Input records section start
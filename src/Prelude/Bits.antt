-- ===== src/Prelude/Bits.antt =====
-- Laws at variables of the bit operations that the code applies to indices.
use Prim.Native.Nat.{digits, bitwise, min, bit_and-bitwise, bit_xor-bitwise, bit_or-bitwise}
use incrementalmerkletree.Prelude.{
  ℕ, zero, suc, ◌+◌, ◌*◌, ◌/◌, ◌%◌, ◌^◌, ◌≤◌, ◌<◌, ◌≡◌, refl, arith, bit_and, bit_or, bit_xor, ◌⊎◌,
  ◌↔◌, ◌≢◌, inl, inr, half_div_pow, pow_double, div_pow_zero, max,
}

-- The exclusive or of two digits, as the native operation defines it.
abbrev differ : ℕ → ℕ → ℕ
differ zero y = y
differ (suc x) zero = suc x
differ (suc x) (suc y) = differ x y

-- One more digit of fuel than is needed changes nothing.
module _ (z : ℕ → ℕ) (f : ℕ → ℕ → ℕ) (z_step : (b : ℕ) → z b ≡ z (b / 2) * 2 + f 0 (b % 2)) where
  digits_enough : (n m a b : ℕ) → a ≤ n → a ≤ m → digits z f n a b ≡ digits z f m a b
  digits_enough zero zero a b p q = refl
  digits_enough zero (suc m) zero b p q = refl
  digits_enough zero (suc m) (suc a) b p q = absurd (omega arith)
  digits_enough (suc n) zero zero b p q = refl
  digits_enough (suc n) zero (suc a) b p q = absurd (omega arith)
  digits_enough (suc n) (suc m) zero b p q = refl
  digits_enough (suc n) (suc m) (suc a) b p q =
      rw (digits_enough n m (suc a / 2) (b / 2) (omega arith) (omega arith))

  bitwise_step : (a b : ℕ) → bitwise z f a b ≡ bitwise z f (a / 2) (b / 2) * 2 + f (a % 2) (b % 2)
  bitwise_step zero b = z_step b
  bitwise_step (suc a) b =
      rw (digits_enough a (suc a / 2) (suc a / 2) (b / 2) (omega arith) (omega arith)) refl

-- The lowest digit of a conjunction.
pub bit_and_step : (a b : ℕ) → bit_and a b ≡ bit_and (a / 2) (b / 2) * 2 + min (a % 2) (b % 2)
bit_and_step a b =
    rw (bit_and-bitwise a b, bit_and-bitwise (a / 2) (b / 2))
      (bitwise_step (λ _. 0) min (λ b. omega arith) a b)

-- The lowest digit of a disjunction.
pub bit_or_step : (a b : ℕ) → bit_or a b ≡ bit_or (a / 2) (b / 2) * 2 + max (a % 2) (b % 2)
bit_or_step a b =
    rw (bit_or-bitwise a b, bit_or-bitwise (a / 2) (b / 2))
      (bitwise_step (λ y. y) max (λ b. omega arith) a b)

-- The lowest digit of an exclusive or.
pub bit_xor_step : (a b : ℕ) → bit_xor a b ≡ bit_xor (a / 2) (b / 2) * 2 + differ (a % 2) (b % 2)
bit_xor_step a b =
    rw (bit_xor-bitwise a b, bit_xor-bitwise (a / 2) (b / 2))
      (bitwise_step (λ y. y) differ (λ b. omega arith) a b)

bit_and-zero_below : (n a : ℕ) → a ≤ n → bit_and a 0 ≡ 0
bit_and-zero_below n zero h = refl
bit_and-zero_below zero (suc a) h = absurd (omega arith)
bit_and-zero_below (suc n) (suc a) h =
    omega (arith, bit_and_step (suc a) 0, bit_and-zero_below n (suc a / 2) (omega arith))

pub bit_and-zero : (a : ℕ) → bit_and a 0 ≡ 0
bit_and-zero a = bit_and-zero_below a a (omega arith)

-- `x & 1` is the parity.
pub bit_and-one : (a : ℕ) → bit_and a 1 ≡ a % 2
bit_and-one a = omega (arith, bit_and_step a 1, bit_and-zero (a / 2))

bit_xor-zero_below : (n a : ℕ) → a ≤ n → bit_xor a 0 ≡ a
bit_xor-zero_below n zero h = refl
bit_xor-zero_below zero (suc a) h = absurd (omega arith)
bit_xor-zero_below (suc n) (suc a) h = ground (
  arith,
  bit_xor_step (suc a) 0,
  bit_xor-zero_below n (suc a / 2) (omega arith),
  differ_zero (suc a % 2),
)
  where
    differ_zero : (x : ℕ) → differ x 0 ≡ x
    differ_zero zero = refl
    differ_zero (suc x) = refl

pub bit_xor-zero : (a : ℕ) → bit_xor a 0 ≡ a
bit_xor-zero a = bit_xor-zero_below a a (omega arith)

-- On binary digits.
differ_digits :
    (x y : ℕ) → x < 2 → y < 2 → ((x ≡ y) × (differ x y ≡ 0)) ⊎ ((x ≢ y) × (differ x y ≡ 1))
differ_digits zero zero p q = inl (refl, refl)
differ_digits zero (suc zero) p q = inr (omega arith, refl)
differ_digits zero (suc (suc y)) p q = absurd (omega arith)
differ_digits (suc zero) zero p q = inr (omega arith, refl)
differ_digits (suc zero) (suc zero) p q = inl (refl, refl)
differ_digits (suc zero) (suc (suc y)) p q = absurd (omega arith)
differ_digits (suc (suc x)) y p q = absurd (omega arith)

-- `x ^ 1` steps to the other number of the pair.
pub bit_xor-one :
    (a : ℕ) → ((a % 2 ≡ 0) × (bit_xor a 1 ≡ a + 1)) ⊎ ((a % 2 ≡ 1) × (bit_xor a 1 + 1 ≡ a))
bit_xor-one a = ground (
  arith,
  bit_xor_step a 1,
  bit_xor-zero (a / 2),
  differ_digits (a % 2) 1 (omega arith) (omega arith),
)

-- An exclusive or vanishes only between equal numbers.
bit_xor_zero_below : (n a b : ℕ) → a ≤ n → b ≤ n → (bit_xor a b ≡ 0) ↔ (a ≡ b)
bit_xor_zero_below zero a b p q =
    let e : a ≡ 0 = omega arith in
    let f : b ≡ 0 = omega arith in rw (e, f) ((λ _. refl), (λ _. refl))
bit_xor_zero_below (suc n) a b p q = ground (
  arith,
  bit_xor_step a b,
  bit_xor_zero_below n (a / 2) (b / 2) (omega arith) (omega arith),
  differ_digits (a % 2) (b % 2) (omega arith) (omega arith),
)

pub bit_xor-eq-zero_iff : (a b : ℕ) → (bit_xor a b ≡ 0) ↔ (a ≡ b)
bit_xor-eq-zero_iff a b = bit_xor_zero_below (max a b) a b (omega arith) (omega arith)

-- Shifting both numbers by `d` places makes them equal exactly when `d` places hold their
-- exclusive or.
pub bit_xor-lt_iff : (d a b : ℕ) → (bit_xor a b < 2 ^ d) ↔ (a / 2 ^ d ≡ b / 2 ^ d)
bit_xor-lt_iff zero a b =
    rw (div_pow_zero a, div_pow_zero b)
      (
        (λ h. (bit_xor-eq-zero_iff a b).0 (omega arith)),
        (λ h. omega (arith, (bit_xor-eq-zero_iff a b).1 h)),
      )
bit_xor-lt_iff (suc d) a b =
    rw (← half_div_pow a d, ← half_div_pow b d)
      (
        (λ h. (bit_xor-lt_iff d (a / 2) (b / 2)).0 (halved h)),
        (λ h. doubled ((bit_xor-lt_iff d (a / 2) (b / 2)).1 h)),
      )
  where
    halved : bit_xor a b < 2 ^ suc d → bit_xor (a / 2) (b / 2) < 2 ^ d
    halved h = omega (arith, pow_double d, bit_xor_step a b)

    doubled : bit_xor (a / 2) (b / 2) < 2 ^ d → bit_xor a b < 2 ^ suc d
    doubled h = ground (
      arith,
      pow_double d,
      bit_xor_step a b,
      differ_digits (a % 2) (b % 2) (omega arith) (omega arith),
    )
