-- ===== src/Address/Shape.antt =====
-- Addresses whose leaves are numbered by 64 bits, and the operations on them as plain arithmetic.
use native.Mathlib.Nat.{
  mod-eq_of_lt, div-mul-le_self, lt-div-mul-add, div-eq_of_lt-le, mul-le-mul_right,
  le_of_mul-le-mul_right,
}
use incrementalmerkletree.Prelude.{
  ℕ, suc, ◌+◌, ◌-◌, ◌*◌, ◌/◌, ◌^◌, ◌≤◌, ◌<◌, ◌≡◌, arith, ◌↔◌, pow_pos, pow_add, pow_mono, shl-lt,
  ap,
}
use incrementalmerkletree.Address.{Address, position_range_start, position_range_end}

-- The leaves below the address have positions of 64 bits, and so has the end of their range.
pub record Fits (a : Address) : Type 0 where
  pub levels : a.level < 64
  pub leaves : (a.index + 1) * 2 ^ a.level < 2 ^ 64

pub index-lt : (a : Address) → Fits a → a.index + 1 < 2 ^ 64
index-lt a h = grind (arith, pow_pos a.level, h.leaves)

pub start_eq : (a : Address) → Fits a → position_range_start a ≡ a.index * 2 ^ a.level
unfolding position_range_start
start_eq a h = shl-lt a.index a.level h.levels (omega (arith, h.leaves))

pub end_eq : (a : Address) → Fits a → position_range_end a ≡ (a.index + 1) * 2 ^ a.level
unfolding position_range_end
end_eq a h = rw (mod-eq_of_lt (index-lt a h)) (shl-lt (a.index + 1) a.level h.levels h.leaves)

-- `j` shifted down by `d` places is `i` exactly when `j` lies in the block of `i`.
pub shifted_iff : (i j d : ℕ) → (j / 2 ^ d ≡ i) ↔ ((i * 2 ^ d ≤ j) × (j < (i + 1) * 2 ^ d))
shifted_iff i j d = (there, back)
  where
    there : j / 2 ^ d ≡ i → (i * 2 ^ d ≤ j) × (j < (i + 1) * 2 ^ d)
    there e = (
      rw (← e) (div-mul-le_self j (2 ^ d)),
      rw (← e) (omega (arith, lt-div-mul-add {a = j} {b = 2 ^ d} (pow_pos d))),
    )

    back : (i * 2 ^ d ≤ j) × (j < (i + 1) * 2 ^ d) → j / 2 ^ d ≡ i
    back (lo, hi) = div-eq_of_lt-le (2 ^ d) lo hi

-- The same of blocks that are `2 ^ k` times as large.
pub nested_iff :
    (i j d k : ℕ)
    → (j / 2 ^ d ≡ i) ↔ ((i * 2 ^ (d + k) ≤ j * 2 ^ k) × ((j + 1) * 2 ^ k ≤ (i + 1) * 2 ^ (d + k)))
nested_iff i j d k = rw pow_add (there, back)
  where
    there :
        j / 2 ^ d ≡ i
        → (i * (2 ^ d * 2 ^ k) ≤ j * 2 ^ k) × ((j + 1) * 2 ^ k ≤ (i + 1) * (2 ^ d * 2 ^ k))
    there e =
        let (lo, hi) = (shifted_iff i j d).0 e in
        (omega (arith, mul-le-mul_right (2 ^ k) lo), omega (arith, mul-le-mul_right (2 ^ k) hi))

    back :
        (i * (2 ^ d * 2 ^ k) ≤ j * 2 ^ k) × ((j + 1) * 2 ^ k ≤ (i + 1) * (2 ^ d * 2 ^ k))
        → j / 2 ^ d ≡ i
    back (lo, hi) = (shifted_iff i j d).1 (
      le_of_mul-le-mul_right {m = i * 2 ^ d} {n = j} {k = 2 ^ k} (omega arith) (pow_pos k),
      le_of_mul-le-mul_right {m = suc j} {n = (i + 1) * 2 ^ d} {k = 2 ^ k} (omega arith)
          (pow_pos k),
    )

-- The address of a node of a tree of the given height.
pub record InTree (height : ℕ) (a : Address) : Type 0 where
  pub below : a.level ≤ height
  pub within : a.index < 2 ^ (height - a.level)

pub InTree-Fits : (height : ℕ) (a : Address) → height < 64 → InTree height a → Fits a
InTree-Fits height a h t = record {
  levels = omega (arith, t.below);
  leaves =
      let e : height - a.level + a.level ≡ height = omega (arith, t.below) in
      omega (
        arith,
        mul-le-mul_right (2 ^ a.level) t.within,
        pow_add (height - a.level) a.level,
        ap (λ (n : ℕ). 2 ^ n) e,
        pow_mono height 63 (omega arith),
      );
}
Input records section end
Input records section start
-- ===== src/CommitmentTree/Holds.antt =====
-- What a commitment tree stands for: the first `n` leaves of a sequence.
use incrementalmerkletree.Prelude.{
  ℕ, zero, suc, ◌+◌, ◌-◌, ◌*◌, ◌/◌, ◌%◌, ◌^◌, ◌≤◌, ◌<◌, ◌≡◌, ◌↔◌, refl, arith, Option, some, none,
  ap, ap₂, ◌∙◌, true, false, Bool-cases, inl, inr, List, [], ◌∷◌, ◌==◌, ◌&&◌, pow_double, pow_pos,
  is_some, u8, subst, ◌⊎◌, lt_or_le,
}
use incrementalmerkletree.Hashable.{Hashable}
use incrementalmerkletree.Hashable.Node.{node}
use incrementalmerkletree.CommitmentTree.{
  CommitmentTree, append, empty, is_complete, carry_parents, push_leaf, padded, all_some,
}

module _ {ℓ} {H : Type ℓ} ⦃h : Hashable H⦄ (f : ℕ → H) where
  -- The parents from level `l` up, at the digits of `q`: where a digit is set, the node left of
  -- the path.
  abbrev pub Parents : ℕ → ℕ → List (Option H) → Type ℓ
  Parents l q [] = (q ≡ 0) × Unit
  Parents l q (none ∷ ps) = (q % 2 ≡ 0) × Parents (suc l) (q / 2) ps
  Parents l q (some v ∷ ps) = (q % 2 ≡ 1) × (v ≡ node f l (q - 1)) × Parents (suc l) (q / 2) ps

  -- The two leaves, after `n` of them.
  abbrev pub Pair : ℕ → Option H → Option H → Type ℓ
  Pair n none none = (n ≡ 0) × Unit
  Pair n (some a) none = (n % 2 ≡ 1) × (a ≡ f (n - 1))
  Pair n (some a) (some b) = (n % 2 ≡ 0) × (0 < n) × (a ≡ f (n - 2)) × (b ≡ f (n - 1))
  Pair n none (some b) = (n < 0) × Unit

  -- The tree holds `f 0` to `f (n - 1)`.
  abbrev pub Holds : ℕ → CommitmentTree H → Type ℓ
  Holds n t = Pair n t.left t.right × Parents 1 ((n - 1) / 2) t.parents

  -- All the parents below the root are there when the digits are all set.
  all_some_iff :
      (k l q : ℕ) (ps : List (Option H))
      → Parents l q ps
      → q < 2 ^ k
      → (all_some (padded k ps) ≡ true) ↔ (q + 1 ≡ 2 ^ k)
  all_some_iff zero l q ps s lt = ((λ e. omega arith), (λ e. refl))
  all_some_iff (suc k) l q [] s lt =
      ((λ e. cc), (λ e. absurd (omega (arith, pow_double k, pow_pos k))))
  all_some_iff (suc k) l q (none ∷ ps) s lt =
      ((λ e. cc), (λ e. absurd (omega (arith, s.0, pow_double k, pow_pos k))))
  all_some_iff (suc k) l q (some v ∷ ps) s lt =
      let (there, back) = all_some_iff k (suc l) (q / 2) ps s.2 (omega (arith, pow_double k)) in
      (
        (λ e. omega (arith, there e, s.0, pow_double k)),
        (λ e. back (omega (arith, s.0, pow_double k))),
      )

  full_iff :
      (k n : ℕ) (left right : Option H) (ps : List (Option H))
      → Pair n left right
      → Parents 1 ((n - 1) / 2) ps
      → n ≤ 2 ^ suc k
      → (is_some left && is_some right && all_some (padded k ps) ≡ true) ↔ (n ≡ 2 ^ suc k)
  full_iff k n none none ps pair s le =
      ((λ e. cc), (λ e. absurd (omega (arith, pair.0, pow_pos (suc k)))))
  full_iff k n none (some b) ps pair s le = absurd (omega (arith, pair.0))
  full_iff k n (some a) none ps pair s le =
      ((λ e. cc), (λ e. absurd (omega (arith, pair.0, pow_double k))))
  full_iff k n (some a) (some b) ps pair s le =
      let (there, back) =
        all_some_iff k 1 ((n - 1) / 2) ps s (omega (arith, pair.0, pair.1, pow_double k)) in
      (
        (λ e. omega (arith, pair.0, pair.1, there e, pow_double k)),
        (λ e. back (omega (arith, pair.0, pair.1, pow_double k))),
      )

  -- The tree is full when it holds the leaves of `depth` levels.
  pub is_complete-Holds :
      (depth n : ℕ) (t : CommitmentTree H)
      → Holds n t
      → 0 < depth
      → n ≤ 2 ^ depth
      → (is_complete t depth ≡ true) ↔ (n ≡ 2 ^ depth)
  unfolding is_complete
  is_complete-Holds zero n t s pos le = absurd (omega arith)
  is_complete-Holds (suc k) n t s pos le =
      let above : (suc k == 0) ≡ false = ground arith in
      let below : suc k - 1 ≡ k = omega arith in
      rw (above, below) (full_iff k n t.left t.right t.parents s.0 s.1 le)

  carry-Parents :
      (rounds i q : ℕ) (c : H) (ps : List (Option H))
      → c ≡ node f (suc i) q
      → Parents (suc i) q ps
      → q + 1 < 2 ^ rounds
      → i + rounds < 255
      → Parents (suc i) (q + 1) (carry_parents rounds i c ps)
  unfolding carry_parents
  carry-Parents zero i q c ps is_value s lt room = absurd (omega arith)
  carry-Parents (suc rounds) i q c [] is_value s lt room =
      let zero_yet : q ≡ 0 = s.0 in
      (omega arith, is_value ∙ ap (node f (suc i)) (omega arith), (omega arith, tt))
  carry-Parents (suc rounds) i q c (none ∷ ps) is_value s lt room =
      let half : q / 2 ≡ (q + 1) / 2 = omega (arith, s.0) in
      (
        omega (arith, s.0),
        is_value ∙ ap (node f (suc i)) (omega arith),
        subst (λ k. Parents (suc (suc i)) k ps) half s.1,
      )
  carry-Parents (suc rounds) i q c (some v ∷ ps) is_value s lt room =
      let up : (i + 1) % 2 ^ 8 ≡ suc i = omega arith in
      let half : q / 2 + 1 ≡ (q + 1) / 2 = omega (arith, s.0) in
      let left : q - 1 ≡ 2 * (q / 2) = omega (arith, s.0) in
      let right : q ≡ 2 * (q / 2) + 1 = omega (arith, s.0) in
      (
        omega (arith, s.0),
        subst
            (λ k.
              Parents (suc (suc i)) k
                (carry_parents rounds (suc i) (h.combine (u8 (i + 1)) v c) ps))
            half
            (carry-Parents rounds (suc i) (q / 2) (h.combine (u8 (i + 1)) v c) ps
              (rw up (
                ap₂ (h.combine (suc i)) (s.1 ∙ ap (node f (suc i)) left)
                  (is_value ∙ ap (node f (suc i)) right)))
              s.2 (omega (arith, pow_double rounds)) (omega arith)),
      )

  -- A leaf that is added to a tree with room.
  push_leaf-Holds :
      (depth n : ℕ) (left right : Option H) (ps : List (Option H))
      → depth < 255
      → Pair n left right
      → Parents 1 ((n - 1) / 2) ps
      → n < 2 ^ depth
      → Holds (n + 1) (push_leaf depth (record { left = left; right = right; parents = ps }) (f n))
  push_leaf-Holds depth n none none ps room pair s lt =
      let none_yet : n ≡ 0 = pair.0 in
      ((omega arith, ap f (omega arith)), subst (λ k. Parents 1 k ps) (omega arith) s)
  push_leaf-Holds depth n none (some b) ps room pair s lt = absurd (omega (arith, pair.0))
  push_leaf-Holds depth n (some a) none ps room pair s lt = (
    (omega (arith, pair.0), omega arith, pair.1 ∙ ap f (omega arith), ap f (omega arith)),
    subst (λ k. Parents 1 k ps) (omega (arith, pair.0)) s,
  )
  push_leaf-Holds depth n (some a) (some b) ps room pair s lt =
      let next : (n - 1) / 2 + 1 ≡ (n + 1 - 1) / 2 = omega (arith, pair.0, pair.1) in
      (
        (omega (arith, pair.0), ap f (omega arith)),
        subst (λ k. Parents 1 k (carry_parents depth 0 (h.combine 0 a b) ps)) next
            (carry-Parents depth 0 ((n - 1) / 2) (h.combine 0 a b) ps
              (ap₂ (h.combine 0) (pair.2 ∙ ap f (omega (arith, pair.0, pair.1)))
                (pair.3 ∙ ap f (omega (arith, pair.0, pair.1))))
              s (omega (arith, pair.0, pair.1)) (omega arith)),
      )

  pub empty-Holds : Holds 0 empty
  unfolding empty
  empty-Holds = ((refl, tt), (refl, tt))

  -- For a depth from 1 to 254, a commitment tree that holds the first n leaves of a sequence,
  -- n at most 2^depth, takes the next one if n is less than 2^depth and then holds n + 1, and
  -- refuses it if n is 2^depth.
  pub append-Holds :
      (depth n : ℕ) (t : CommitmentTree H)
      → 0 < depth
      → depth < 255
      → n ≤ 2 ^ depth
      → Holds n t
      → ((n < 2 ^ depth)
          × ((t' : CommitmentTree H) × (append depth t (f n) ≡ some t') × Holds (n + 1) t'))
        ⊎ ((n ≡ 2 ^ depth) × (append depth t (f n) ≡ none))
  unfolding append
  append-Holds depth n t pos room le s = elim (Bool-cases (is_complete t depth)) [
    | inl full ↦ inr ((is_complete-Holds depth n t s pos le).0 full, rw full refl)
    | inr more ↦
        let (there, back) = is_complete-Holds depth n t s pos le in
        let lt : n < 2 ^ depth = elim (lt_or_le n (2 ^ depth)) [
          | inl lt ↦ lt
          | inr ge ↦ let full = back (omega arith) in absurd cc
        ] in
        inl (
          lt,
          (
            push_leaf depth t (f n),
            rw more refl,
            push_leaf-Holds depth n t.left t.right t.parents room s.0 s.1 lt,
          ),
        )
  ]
Input records section end
### Brief
In the records above, find each line holding "from" and copy it.

### Answer to the problem
  -- The parents from level `l` up, at the digits of `q`: where a digit is set, the node left of
  -- For a depth from 1 to 254, a commitment tree that holds the first n leaves of a sequence,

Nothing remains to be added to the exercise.